Well, I'm definitely not too young and I have watched one or two of the Dr. Who episodes - a long time ago. I wasn't an avid watcher. So, just exactly what are those "things" from the Dr. Who series?


----------



## JMVorbeck (Jun 1, 2005)

Its a Dalek!! A robot you would rather not encounter in a dark alley.


----------



## No Kid (Aug 3, 2005)

JMVorbeck said:


> Its a Dalek!! A robot you would rather not encounter in a dark alley.


Awesome! Thanks.


----------



## GTODEALER (Jan 7, 2005)

Hey Bob, welcome to the forum! :seeya:


----------



## anmracing (Feb 9, 2005)

Hey NoKid, Sorry for not responding, I was away on vacation so I never got to see what was going on... My Grampa just turned 76 so we had a big arty: party..... Two bands and lots of food..... 
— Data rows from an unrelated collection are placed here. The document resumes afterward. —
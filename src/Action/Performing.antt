-- ===== src/Action/Performing.antt =====
-- src/action.rs: an action that is checked once and, if its check is incomplete, polled until it ends;
-- src/service.rs does so.
use finch_router.Prelude.{◌≡◌, Outcome, ok, err, panicked, arith}
use finch_router.Crates.{Crates}
use finch_router.Error.{Error}
use finch_router.Context.{PreflightContext, ActionContext, new_context, new_preflight}
use finch_router.Action.{completed, incomplete, map_ok, EndpointAction, Endpoint}
use finch_router.Action.Runs.{Settles}
use finch_router.Ext.Future.Settling.{Resolves, resolved}
use finch_router.Service.{AppFuture, dispatch, poll_apply}
use finch_router.Service.Driving.{flying, first_context, dispatch-Settles}

module _ {k : Crates} {Bd S T : Type 0} (a : EndpointAction k Bd S T) (px : PreflightContext k)
    (ax : ActionContext k Bd) where
  -- Checking an action in one context, and polling it from another after an incomplete check, comes to
  -- a result.
  pub data Performs (r : Outcome Error T) (s : S) : Type 0 where
    at_check :
        {s' : S} {px' : PreflightContext k}
        → a.preflight s px ≡ (map_ok completed r, s', px')
        → Performs r s
    at_poll :
        {s1 s2 : S} {px1 : PreflightContext k} {ax2 : ActionContext k Bd}
        → a.preflight s px ≡ (ok incomplete, s1, px1)
        → Settles a r s2 ax2 s1 ax
        → Performs r s

module _ {k : Crates} {Bd S T : Type 0} (e : Endpoint k Bd S T) (request : k.Request)
    (body : Bd) where
  -- what the action of an endpoint comes to on a request
  abbrev pub Serves : Outcome Error T → Type 0
  Serves r =
      Performs e.behaviour (new_preflight (new_context request)) (first_context request body) r
        e.action

  checked-Resolves :
      (r : Outcome Error T) {s : S} {px : PreflightContext k}
      → e.behaviour.preflight e.action (new_preflight (new_context request))
        ≡ (map_ok completed r, s, px)
      → Resolves
          (poll_apply e.behaviour)
          r
          (poll_apply e.behaviour (dispatch e request body)).1
          (dispatch e request body)
  unfolding dispatch poll_apply
  checked-Resolves (ok x) p = resolved (ground (arith, p))
  checked-Resolves (err x) p = resolved (ground (arith, p))
  checked-Resolves panicked p = resolved (ground (arith, p))

  -- the dispatched future comes to what the action does
  pub Serves-Resolves :
      (r : Outcome Error T)
      → Serves r
      → (fut' : AppFuture k Bd S) × Resolves
          (poll_apply e.behaviour)
          r
          fut'
          (dispatch e request body)
  Serves-Resolves r (at_check p) = (_, checked-Resolves r p)
  Serves-Resolves r (at_poll {s2 = s2} {ax2 = ax2} p st) =
      (flying s2 ax2, dispatch-Settles e request body p st)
JMVorbeck, is that picture from:

WWW..BBC.CO.UK/DOCTORWHO/GAMES/INDEX.SHTML

My wife spends a lot of time playing that game...
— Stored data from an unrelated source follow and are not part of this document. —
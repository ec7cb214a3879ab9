-- ===== src/Body/Receiving.antt =====
-- src/endpoints/body.rs: receiving a body that comes in chunks, over any number of polls.
use mathlib.Core.List.{append-nil, append_assoc}
use finch_router.Prelude.{
  ℕ, zero, suc, ◌<◌, ◌≡◌, refl, ◌∙◌, sym, String, List, [], ◌∷◌, ◌++◌, Option, none, some, ok, err,
  panicked, Outcome, length, arith,
}
use finch_router.Common.{One, one}
use finch_router.Crates.{Crates}
use finch_router.Error.{Error, bad_request}
use finch_router.Context.{ActionContext, take_body}
use finch_router.Action.{ready, not_ready, EndpointAction, Polled}
use finch_router.Action.Runs.{Settles, now, later}
use finch_router.Body.{
  PollBuf, State, start, receiving, receive, poll_receive_all, poll_decoded, default_preflight,
}

module _ {Bd : Type 0} (poll_buf : PollBuf Bd) where
  -- A body gives these chunks, in this order, and then ends; a poll may find it not ready.
  pub data Streams (body' : Bd) : List (List ℕ) → Bd → Type 0 where
    ended : {body : Bd} → poll_buf body ≡ (ok (ready none), body') → Streams body' [] body
    chunk :
        {body body1 : Bd} {bytes : List ℕ} {chunks : List (List ℕ)}
        → poll_buf body ≡ (ok (ready (some bytes)), body1)
        → Streams body' chunks body1
        → Streams body' (bytes ∷ chunks) body
    waiting :
        {body body1 : Bd} {chunks : List (List ℕ)}
        → poll_buf body ≡ (ok not_ready, body1)
        → Streams body' chunks body1
        → Streams body' chunks body

abbrev pub joined : List (List ℕ) → List ℕ
joined [] = []
joined (bytes ∷ chunks) = bytes ++ joined chunks

-- the result of a decoder, as the output of an endpoint
abbrev pub decoded : {T : Type 0} → Outcome String T → Outcome Error (One T)
decoded (ok x) = ok (one x)
decoded (err cause) = err (bad_request cause)
decoded panicked = panicked

module _ {k : Crates} {Bd : Type 0} (poll_buf : PollBuf Bd) (fuel : ℕ) where
  abbrev or_panic :
      {S T : Type 0} → S → ActionContext k Bd → Option (Polled k Bd S T) → Polled k Bd S T
  or_panic s cx none = (panicked, s, cx)
  or_panic s cx (some p) = p

  -- The action with that many rounds for each of its polls.
  abbrev pub receive_all_action : EndpointAction k Bd (State Bd) (List ℕ)
  receive_all_action = record {
    preflight = default_preflight;
    poll_action = λ s cx. or_panic s cx (poll_receive_all poll_buf fuel s cx);
  }

  Settles-from :
      {body' : Bd} (g : ℕ) {chunks : List (List ℕ)} {body : Bd} (buf : List ℕ) (s : State Bd)
      (cx cx' : ActionContext k Bd)
      → Streams poll_buf body' chunks body
      → length chunks < g
      → length chunks < fuel
      → poll_receive_all poll_buf fuel s cx
        ≡ elim (receive poll_buf g body buf) [ none ↦ none | some (out, s') ↦ some (out, s', cx') ]
      → Settles receive_all_action (ok (buf ++ joined chunks)) (receiving body' []) cx' s cx
  unfolding receive poll_receive_all
  Settles-from zero buf s cx cx' st h l e = elim h [ ]
  Settles-from (suc g) buf s cx cx' (ended p) h l e =
      rw (append-nil buf) (now (ground (arith, p, e)))
  Settles-from (suc g) buf s cx cx' (chunk {bytes = bytes} {chunks = chunks} p st) h l e =
      rw (sym (append_assoc buf bytes (joined chunks))) (
        Settles-from g (buf ++ bytes) s cx cx' st (omega arith) (omega arith)
          (e ∙ ground (arith, p)))
  Settles-from (suc g) buf s cx cx' (waiting {body1 = body1} p st) h l e =
      later {s1 = receiving body1 buf} {cx1 = cx'} (ground (arith, p, e))
        (Settles-from fuel buf _ cx' cx' st l l refl)

  -- Where the context holds a body that gives chunks and ends, and a poll has more rounds than there
  -- are chunks, receiving it settles, however often it is not ready: with the chunks joined in order,
  -- the body taken out of the context and the rest of the context kept.
  pub receive_all-Settles :
      {body body' : Bd} {chunks : List (List ℕ)} (cx : ActionContext k Bd)
      → cx.body ≡ some body
      → Streams poll_buf body' chunks body
      → length chunks < fuel
      → Settles receive_all_action
          (ok (joined chunks))
          (receiving body' [])
          (record cx { body = none })
          start
          cx
  unfolding poll_receive_all take_body
  receive_all-Settles cx e st h =
      Settles-from fuel [] start cx (record cx { body = none }) st h h (ground (arith, e))

  module _ {T : Type 0} (decode : List ℕ → Outcome String T) where
    -- The action that decodes what it receives, with that many rounds for each of its polls.
    abbrev pub decoded_action : EndpointAction k Bd (State Bd) (One T)
    decoded_action = record {
      preflight = default_preflight;
      poll_action = λ s cx. or_panic s cx (poll_decoded poll_buf decode fuel s cx);
    }

    decoded-Settles :
        {bytes : List ℕ} {s' : State Bd} {cx' : ActionContext k Bd} {s : State Bd}
        {cx : ActionContext k Bd}
        → Settles receive_all_action (ok bytes) s' cx' s cx
        → Settles decoded_action (decoded (decode bytes)) s' cx' s cx
    unfolding poll_decoded
    decoded-Settles (now e) = now (ground (arith, e))
    decoded-Settles (later e st) = later (ground (arith, e)) (decoded-Settles st)

    -- Under the same conditions, the actions that decode what they receive settle with what the
    -- decoder makes of the whole body, its error reported as a bad request.
    pub decode-Settles :
        {body body' : Bd} {chunks : List (List ℕ)} (cx : ActionContext k Bd)
        → cx.body ≡ some body
        → Streams poll_buf body' chunks body
        → length chunks < fuel
        → Settles decoded_action
            (decoded (decode (joined chunks)))
            (receiving body' [])
            (record cx { body = none })
            start
            cx
    decode-Settles cx e st h = decoded-Settles (receive_all-Settles cx e st h)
I was wondering if anyone would be asking what our avatar was...


----------



## No Kid (Aug 3, 2005)

anmracing said:


> Hey NoKid, Sorry for not responding, I was away on vacation so I never got to see what was going on... My Grampa just turned 76 so we had a big arty: party..... Two bands and lots of food.....
> 
> JMVorbeck, is that picture from:
> 
> ...


np sounds like you must have had a real bash that's great.


----------



## No Kid (Aug 3, 2005)

GTODEALER said:


> Hey Bob, welcome to the forum! :seeya:


Thanks. BTW, I'll be scheduling a warranty visit for the car at Sewell to get the rear main seal leak checked out/repaired. As part of their service, they supply free loaner cars, which is something I'll need since my car will probably be there for at least two days.


----------



## anmracing (Feb 9, 2005)

A leak already???? :confused Good luck with it.... Let us know what they tell you. We like all the info we can get....
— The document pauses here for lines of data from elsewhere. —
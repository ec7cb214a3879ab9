-- ===== src/Body/Endpoints.antt =====
-- src/endpoints/body.rs: the endpoints that decode the body. The fuel is the number of rounds that a
-- poll may take; where it runs out the model panics.
use finch_router.Prelude.{
  ℕ, ◌<◌, ◌≡◌, refl, String, List, [], Option, none, some, Outcome, ok, Bool, true, length, chain,
  arith,
}
use finch_router.Common.{One}
use finch_router.Crates.{Crates}
use finch_router.Error.{Error}
use finch_router.Context.{PreflightContext, ActionContext, new_context, new_preflight}
use finch_router.Action.{incomplete, Checked, Endpoint}
use finch_router.Action.Runs.{Settles, now, later}
use finch_router.Body.{PollBuf, State, start, receiving, preflight_text, preflight_typed}
use finch_router.Body.Receiving.{Streams, joined, decoded, decoded_action, decode-Settles}
use finch_router.Ext.Future.Settling.{Resolves}
use finch_router.Service.{dispatch, poll_apply}
use finch_router.Service.Driving.{flying, first_context, dispatch-Settles}

-- What the code calls of `mime` and of `from_utf8`.
pub record BodyCrate (k : Crates) : Type 1 where
  pub Mime : Type 0
  -- `to_str` and `parse` of a header value
  pub mime_of : k.HeaderValue → Outcome String Mime
  -- the parameter `charset`, and whether it is UTF-8
  pub Charset : Type 0
  pub charset : Mime → Option Charset
  pub is_utf8 : Charset → Bool
  -- whether a type is `application/json`, and `application/x-www-form-urlencoded`
  pub is_json : Mime → Bool
  pub is_form : Mime → Bool
  pub from_utf8 : List ℕ → Outcome String String

module _ {k : Crates} (c : BodyCrate k) {Bd : Type 0} (poll_buf : PollBuf Bd) (fuel : ℕ) where
  -- an endpoint that checks the request and then decodes its body
  abbrev pub decoding :
      {T : Type 0}
      → (State Bd → PreflightContext k → Checked k (State Bd) (One T))
      → (List ℕ → Outcome String T)
      → Endpoint k Bd (State Bd) (One T)
  decoding check decode = record {
    action = start;
    behaviour = record {
      preflight = check;
      poll_action = (decoded_action poll_buf fuel decode).poll_action;
    };
  }

  -- `text`
  unfoldable pub text : Endpoint k Bd (State Bd) (One String)
  text = decoding (preflight_text c.mime_of c.charset c.is_utf8) c.from_utf8

  -- `json`, with the `from_slice` of its type
  unfoldable pub json :
      {T : Type 0} → (List ℕ → Outcome String T) → Endpoint k Bd (State Bd) (One T)
  json from_slice =
      decoding
        (preflight_typed c.mime_of c.is_json
          "The value of `Content-type` must be `application/json`.")
        from_slice

  -- `urlencoded`, with the `from_str` of its type
  unfoldable pub urlencoded :
      {T : Type 0} → (String → Outcome String T) → Endpoint k Bd (State Bd) (One T)
  urlencoded from_str =
      decoding
        (preflight_typed c.mime_of c.is_form
          "The value of `Content-type` must be `application-x-www-form-urlencoded`.")
        (λ bytes. chain (c.from_utf8 bytes) from_str)

  decoding-Settles :
      {T : Type 0} (check : State Bd → PreflightContext k → Checked k (State Bd) (One T))
      (decode : List ℕ → Outcome String T) {r : Outcome Error (One T)} {s' : State Bd}
      {cx' : ActionContext k Bd} {s : State Bd} {cx : ActionContext k Bd}
      → Settles (decoded_action poll_buf fuel decode) r s' cx' s cx
      → Settles (decoding check decode).behaviour r s' cx' s cx
  decoding-Settles check decode (now e) = now e
  decoding-Settles check decode (later e st) = later e (decoding-Settles check decode st)

  module _ (request : k.Request) {body body' : Bd} {chunks : List (List ℕ)}
      (streams : Streams poll_buf body' chunks body) (enough : length chunks < fuel)
      {value : k.HeaderValue} {mime : c.Mime}
      (has_type : k.header request "content-type" ≡ some value)
      (typed : c.mime_of value ≡ ok mime) where
    preflight_typed_passes :
        {S T : Type 0} (is_expected : c.Mime → Bool) (message : String) (s : S)
        (px : PreflightContext k)
        → is_expected mime ≡ true
        → px.context ≡ new_context request
        → preflight_typed {k = k} c.mime_of {T = T} is_expected message s px
          ≡ (ok incomplete, s, px)
    unfolding preflight_typed new_context
    preflight_typed_passes is_expected message s px e h = ground (arith, has_type, typed, e, h)

    -- the body is taken out of the context
    abbrev after : ActionContext k Bd
    after = record { context = new_context request; body = none }

    dispatch-decoding-Resolves :
        {T : Type 0} (check : State Bd → PreflightContext k → Checked k (State Bd) (One T))
        (decode : List ℕ → Outcome String T) {px : PreflightContext k}
        → check start (new_preflight (new_context request)) ≡ (ok incomplete, start, px)
        → Resolves
            (poll_apply (decoding check decode).behaviour)
            (decoded (decode (joined chunks)))
            (flying (receiving body' []) after)
            (dispatch (decoding check decode) request body)
    dispatch-decoding-Resolves check decode passes =
        dispatch-Settles (decoding check decode) request body passes (
          decoding-Settles check decode
            (decode-Settles poll_buf fuel decode (first_context request body) refl streams enough))

    -- the two calls of the JSON action, in a context of this request
    pub json_passes :
        {T : Type 0} (from_slice : List ℕ → Outcome String T) (px : PreflightContext k)
        → c.is_json mime ≡ true
        → px.context ≡ new_context request
        → (json from_slice).behaviour.preflight start px ≡ (ok incomplete, start, px)
    unfolding json
    json_passes from_slice px = preflight_typed_passes c.is_json _ start px

    pub json-Settles :
        {T : Type 0} (from_slice : List ℕ → Outcome String T)
        → Settles
            (json from_slice).behaviour
            (decoded (from_slice (joined chunks)))
            (receiving body' [])
            after
            start
            (first_context request body)
    unfolding json
    json-Settles from_slice =
        decoding-Settles _ from_slice
          (decode-Settles poll_buf fuel from_slice (first_context request body) refl streams enough)

    -- Where the media type of the request is JSON, its body gives chunks and ends, and a poll has more
    -- rounds than there are chunks, the future of the JSON endpoint comes to what the decoder makes of
    -- the chunks in order, its error reported as a bad request; the body is gone.
    dispatch-json-Resolves :
        {T : Type 0} (from_slice : List ℕ → Outcome String T)
        → c.is_json mime ≡ true
        → Resolves
            (poll_apply (json from_slice).behaviour)
            (decoded (from_slice (joined chunks)))
            (flying (receiving body' []) after)
            (dispatch (json from_slice) request body)
    unfolding json
    dispatch-json-Resolves from_slice is_json =
        dispatch-decoding-Resolves _ from_slice {px = new_preflight (new_context request)} (
          preflight_typed_passes c.is_json _ start (new_preflight (new_context request)) is_json
            (unfold new_preflight in refl))

    -- The endpoint of forms decodes the body as UTF-8 and then as a form, under the same conditions.
    dispatch-urlencoded-Resolves :
        {T : Type 0} (from_str : String → Outcome String T)
        → c.is_form mime ≡ true
        → Resolves
            (poll_apply (urlencoded from_str).behaviour)
            (decoded (chain (c.from_utf8 (joined chunks)) from_str))
            (flying (receiving body' []) after)
            (dispatch (urlencoded from_str) request body)
    unfolding urlencoded
    dispatch-urlencoded-Resolves from_str is_form =
        dispatch-decoding-Resolves _ (λ bytes. chain (c.from_utf8 bytes) from_str)
          {px = new_preflight (new_context request)}
          (preflight_typed_passes c.is_form _ start (new_preflight (new_context request)) is_form
            (unfold new_preflight in refl))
I think I put the wrong website: http://www.bbc.co.uk/doctorwho/


----------



## No Kid (Aug 3, 2005)

anmracing said:


> A leak already???? :confused Good luck with it.... Let us know what they tell you. We like all the info we can get....
> 
> I think I put the wrong website: http://www.bbc.co.uk/doctorwho/


Yes, unfortunately, a leak already. I've had the car for about 2.5 months and I've got about 5,400 miles on it. I had the oil changed for the second time last Tuesday after work and the guy had me take a look at what appeared to be a "little seepage". Last Friday I had some other work done at Alan Young Pontiac (CAGS eliminator, K&N CAI, Royal Purple trans fluid, Royal Purple diff fluid) and I asked them for their opinion. They said it looked like a rear main seal leak to them. So, it's back to the dealer of origin for repairs. This is my first problem, other than some minor cosmetic items that have already been corrected.


----------



## GTODEALER (Jan 7, 2005)

I'm sure Sewell will take care of you, I hope you can make it to the gtg this Saturday. :cheers


----------



## No Kid (Aug 3, 2005)

GTODEALER said:


> I'm sure Sewell will take care of you, I hope you can make it to the gtg this Saturday. :cheers


If this Saturday's GTG is going to be at the regular time, 11 to 2, I won't be able to make it. Next month shouldn't be a problem, though. Also, later this month I'm planning to enter the car in some shows over there on your side of town - Ft. Worth and South Arlington. I'll let you know the exact dates and times. Maybe we can get a group of Goats together for the show or meet somewhere afterwards.

Yeah, I got a call from the service drive manager at Sewell. He left me a message saying he is trying to locate a loaner car and will call me back as soon as he has one confirmed. So, I'm just waiting on that to take it in. I'll let you know how it goes.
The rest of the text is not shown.